Task description:
Print the lines that run from the line with "digits_value value (c" to the line with "pub parse_hdc_version : Bytes", keeping both end lines, exactly as they appear in the entries below, and nothing else.

START Records shown

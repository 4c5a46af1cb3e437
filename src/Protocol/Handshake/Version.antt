-- ===== src/Protocol/Handshake/Version.antt =====
-- The client's version, internal/protocol/daemon.go: `parseHdcVersion`, `compareHdcVersion` and
-- `ClientVersionTooOld`.
use hdc_remote_kit.Base.{
  ◌-◌, ◌+◌, ◌*◌, false, ◌&&◌, true, some, drop, ◌||◌, ◌^◌, leb, ◌==◌, reverse, ltb, [], ◌∷◌, none,
  if◌then◌else◌, codes, List, Bool, Option, Bytes,
}
use hdc_remote_kit.Policy.Text.{lower, split_at, has_prefix}
use hdc_remote_kit.Strings.{trim_space}
use Prim.Native.Nat.{ℕ, compare, Ordering}

abbrev pub handshake_fallback_version : Bytes
handshake_fallback_version = codes "Ver: 3.2.0c"

abbrev pub handshake_min_auth_version : Bytes
handshake_min_auth_version = codes "Ver: 3.0.0b"

pub record HdcVersion : Type 0 where
  pub major : ℕ
  pub minor : ℕ
  pub patch : ℕ
  pub letter : ℕ

-- strings.CutPrefix with one prefix or the other.
cut_prefix : Bytes → Bytes
cut_prefix text =
    if has_prefix text (codes "Ver:") || has_prefix text (codes "ver:")
    then trim_space (drop 4 text)
    else text

-- What stands in front of the first `-`.
before_dash : Bytes → Bytes
before_dash [] = []
before_dash (c ∷ text) = elim (c == b'-') [ true ↦ [] | false ↦ c ∷ before_dash text ]

-- strconv.Atoi on a text without `-`; a range error stands for 2 ^ 63 and more.
digits_value : ℕ → Bytes → Option ℕ
digits_value value [] = if ltb value (2 ^ 63) then some value else none
digits_value value (c ∷ text) =
    if leb b'0' c && leb c b'9' then digits_value (value * 10 + (c - b'0')) text else none

unsigned : Bytes → Bytes
unsigned [] = []
unsigned (c ∷ text) = if c == b'+' then text else c ∷ text

atoi_digits : Bytes → Option ℕ
atoi_digits [] = none
atoi_digits (c ∷ text) = digits_value 0 (c ∷ text)

atoi : Bytes → Option ℕ
atoi text = atoi_digits (unsigned text)

-- The letter that ends the text, in lower case, and the text without it; without a letter 0.
split_letter : Bytes → ℕ × Bytes
split_letter reversed = elim reversed [
  | [] ↦ (0, [])
  | last ∷ front ↦
      if leb b'a' (lower last) && leb (lower last) b'z' && ltb last 0x80
      then (lower last, reverse front)
      else (0, reverse (last ∷ front))
]

version_of : ℕ → List Bytes → Option HdcVersion
version_of letter (a ∷ b ∷ c ∷ []) = elim (atoi a) [
  | none ↦ none
  | some major ↦ elim (atoi b) [
    | none ↦ none
    | some minor ↦ elim (atoi c) [
      | none ↦ none
      | some patch ↦ some (record { major = major; minor = minor; patch = patch; letter = letter })
    ]
  ]
]
version_of letter _ = none

version_parts : Bytes → Option HdcVersion
version_parts [] = none
version_parts (c ∷ text) =
    let (letter, digits) = split_letter (reverse (c ∷ text)) in
    version_of letter (split_at b'.' [] digits)

pub parse_hdc_version : Bytes → Option HdcVersion
parse_hdc_version raw = version_parts (trim_space (before_dash (cut_prefix (trim_space raw))))

then_compare : ℕ → ℕ → Ordering → Ordering
then_compare a b next = elim (compare a b) [
  | Ordering.eq ↦ next
  | Ordering.lt ↦ Ordering.lt
  | Ordering.gt ↦ Ordering.gt
]

-- The sign of what `compareHdcVersion` returns.
pub compare_hdc_version : HdcVersion → HdcVersion → Ordering
compare_hdc_version left right = then_compare left.major right.major (
    then_compare left.minor right.minor
      (then_compare left.patch right.patch (compare left.letter right.letter)))

too_old : Option HdcVersion → Option HdcVersion → Bool
too_old (some got) (some minimum) = elim (compare_hdc_version got minimum) [
  | Ordering.lt ↦ true
  | _ ↦ false
]
too_old _ _ = false

-- An empty version has no parts, so it is not too old.
pub client_version_too_old : Bytes → Bool
client_version_too_old version =
    too_old (parse_hdc_version (trim_space version)) (parse_hdc_version handshake_min_auth_version)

END Records shown

Written answer:
digits_value value (c ∷ text) =
    if leb b'0' c && leb c b'9' then digits_value (value * 10 + (c - b'0')) text else none

unsigned : Bytes → Bytes
unsigned [] = []
unsigned (c ∷ text) = if c == b'+' then text else c ∷ text

atoi_digits : Bytes → Option ℕ
atoi_digits [] = none
atoi_digits (c ∷ text) = digits_value 0 (c ∷ text)

atoi : Bytes → Option ℕ
atoi text = atoi_digits (unsigned text)

-- The letter that ends the text, in lower case, and the text without it; without a letter 0.
split_letter : Bytes → ℕ × Bytes
split_letter reversed = elim reversed [
  | [] ↦ (0, [])
  | last ∷ front ↦
      if leb b'a' (lower last) && leb (lower last) b'z' && ltb last 0x80
      then (lower last, reverse front)
      else (0, reverse (last ∷ front))
]

version_of : ℕ → List Bytes → Option HdcVersion
version_of letter (a ∷ b ∷ c ∷ []) = elim (atoi a) [
  | none ↦ none
  | some major ↦ elim (atoi b) [
    | none ↦ none
    | some minor ↦ elim (atoi c) [
      | none ↦ none
      | some patch ↦ some (record { major = major; minor = minor; patch = patch; letter = letter })
    ]
  ]
]
version_of letter _ = none

version_parts : Bytes → Option HdcVersion
version_parts [] = none
version_parts (c ∷ text) =
    let (letter, digits) = split_letter (reverse (c ∷ text)) in
    version_of letter (split_at b'.' [] digits)

pub parse_hdc_version : Bytes → Option HdcVersion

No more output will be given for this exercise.